Bon, je commence à être trop long. Tu comprends bien que ces deux cuillerées de goudron gâchent tout le reste !
Bien sûr que l’on peut et qu’on doit avoir une position anti-Union-européenne très internationaliste. Regarde le meeting internationaliste sur le Brexit (c’est en tranche de dix minutes, mais il faut parfois quitter le site et y revenir pour pas qu’il s’embrouille entre les différents séquences. Evidemment, c »est un meeting de FUO, je ne suis pas d’accord à 100 % avec tous les intervenants, mais je suis d’accord avec la ligne générale. J’aurais même été plus dur.

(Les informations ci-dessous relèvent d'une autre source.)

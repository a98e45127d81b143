-- ===== src/Storage.antt =====
-- medusa/storage: the object store behind its driver, the names of the index, the node backups,
-- and how they are listed.
pub mod Driver
pub mod Names
pub mod NodeBackup
pub mod Hashing
pub mod Discovery
pub mod Listing
pub mod LocalStorage
pub mod S3
pub mod Tables
pub mod Transfers
pub mod Clusters
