-- ===== src/Storage/Clusters/Search.antt =====
-- Which cluster backup a search in the listing gives.
use cassandra_medusa.Base.{
  ℕ, ◌≤◌, ◌<◌, ◌↔◌, Option, none, some, List, [], ◌∷◌, ◌≡◌, inl, inr, refl, arith, ltb, In, All,
  All-In, subst, ltb→lt, Bool-cases, Option-cases, Result-cases,
}
use cassandra_medusa.Base.{Result, ok}
use cassandra_medusa.ClusterBackup.{ClusterBackup, finished}
use cassandra_medusa.Storage.Clusters.{max_by, keyed_by, latest_by}

max_by-none : (cs : List (ClusterBackup × ℕ)) → max_by cs ≡ none → cs ≡ []
unfolding max_by
max_by-none [] h = refl
max_by-none (c ∷ cs) h = elim (Option-cases (max_by cs)) [
  | inl e ↦ ground arith
  | inr (d, e) ↦ ground arith
]

All-le :
    (a b : ℕ) (cs : List (ClusterBackup × ℕ))
    → a ≤ b
    → All (λ c. c.1 ≤ a) cs
    → All (λ c. c.1 ≤ b) cs
All-le a b [] h w = tt
All-le a b (c ∷ cs) h w = (omega (arith, h, w.0), All-le a b cs h w.1)

max_by-greatest :
    (cs : List (ClusterBackup × ℕ)) (m : ClusterBackup × ℕ)
    → max_by cs ≡ some m
    → In m cs × All (λ c. c.1 ≤ m.1) cs
unfolding max_by
max_by-greatest [] m h = ground arith
max_by-greatest (c ∷ cs) m h = elim (Option-cases (max_by cs)) [
  | inl e ↦ let empty = max_by-none cs e in ground arith
  | inr (d, e) ↦
      let (there, below) = max_by-greatest cs d e in
      ground (arith, All-le d.1 m.1 cs, All-le c.1 m.1 cs, All-le d.1 c.1 cs)
]

module _ (key : ClusterBackup → Result (Option ℕ)) where
  -- The backups with a key are those listed, each with its key.
  keyed_by-exact :
      (cs : List ClusterBackup) (out : List (ClusterBackup × ℕ)) (c : ClusterBackup) (t : ℕ)
      → keyed_by key cs ≡ ok out
      → In (c, t) out ↔ (In c cs × (key c ≡ ok (some t)) × 0 < t)
  unfolding keyed_by
  keyed_by-exact [] out c t h = ground arith
  keyed_by-exact (x ∷ cs) out c t h = elim (Result-cases (key x)) [
    | inr (y, e) ↦ ground arith
    | inl (k, e) ↦ elim (Result-cases (keyed_by key cs)) [
      | inr (y, e') ↦ ground arith
      | inl (rest, e') ↦ elim (Option-cases k) [
        | inl n ↦ ground (arith, keyed_by-exact cs rest c t e')
        | inr (u, n) ↦ ground (arith, keyed_by-exact cs rest c t e')
      ]
    ]
  ]

-- What the search has found.
abbrev pub IsLatest : List ClusterBackup → Option (ClusterBackup × ℕ) → Type 0
unfolding finished
IsLatest cs none = (d : ClusterBackup) (u : ℕ) → In d cs → finished d ≡ ok (some u) → u ≡ 0
IsLatest cs (some (c, t)) =
    In c cs
    × (finished c ≡ ok (some t))
    × ((d : ClusterBackup) (u : ℕ) → In d cs → finished d ≡ ok (some u) → u ≤ t)

max_by-IsLatest :
    (cs : List ClusterBackup) (out : List (ClusterBackup × ℕ)) (found : Option (ClusterBackup × ℕ))
    → keyed_by finished cs ≡ ok out
    → max_by out ≡ found
    → IsLatest cs found
unfolding IsLatest
max_by-IsLatest cs out none e h = λ d u m f. elim (Bool-cases (ltb 0 u)) [
  | inr z ↦ ground arith
  | inl z ↦ absurd (
      subst (In (d, u)) (max_by-none out h)
        ((keyed_by-exact finished cs out d u e).1 (m, f, ltb→lt 0 u z)))
]
max_by-IsLatest cs out (some (c, t)) e h =
    let (there, below) = max_by-greatest out (c, t) h in
    let (listed, f, pos) = (keyed_by-exact finished cs out c t e).0 there in
    (
      listed,
      f,
      λ d u m g. elim (Bool-cases (ltb 0 u)) [
        | inr z ↦ ground arith
        | inl z ↦
            All-In (λ p. p.1 ≤ t) (d, u) out below
              ((keyed_by-exact finished cs out d u e).1 (m, g, ltb→lt 0 u z))
      ],
    )

-- Where the search for the latest complete cluster backup ends without an exception, what it
-- finds is one of those listed and finished, and no listed backup finished later; it finds none
-- only if no listed backup has an end other than 0.
pub latest_by_finished :
    (cs : List ClusterBackup) (found : Option (ClusterBackup × ℕ))
    → latest_by finished cs ≡ ok found
    → IsLatest cs found
unfolding latest_by
latest_by_finished cs found h = elim (Result-cases (keyed_by finished cs)) [
  | inr (y, e) ↦ absurd (ground arith)
  | inl (out, e) ↦ max_by-IsLatest cs out found e (ground arith)
]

Et qu’est-ce que vous avez fait pour le Brexit ? Vous avez aussi joué les gauchistes en disant cela ne nous regarde pas, il y a des fascistes qui appellent à voter non ?
Donc, comme tu le vois, je pense que vous avez tort de rejeter dos à dos les ulyssiens et les seldjoukiens. Les ulyssiens sont plutôt sur votre ligne au sujet de l’Union européenne. Ils ne veulent pas se fâcher avec les bureaucraties syndicales qui sont à la CES et les dirigeants du PC qui sont au PGE, qui se couchent et qui sont financés par les institutions européennes. Otan, Goldmann Sachs, CIA.
Si je ne suis que sympathisant seldjoukien (ou TCI, ou POID, ou CORQI…). C’est uniquement que j’ai encore des doutes sur les pratiques de démocratie interne. Chat échaudé craint l’eau froide, comme on dit… Mais je leur laisse le bénéfice du doute.
Sans aucune méchanceté, je suis plus d’accord politiquement avec eux (je les trouve plus bolcheviks) qu’avec la ligne défendue dans Bolchevisme contre lambertisme.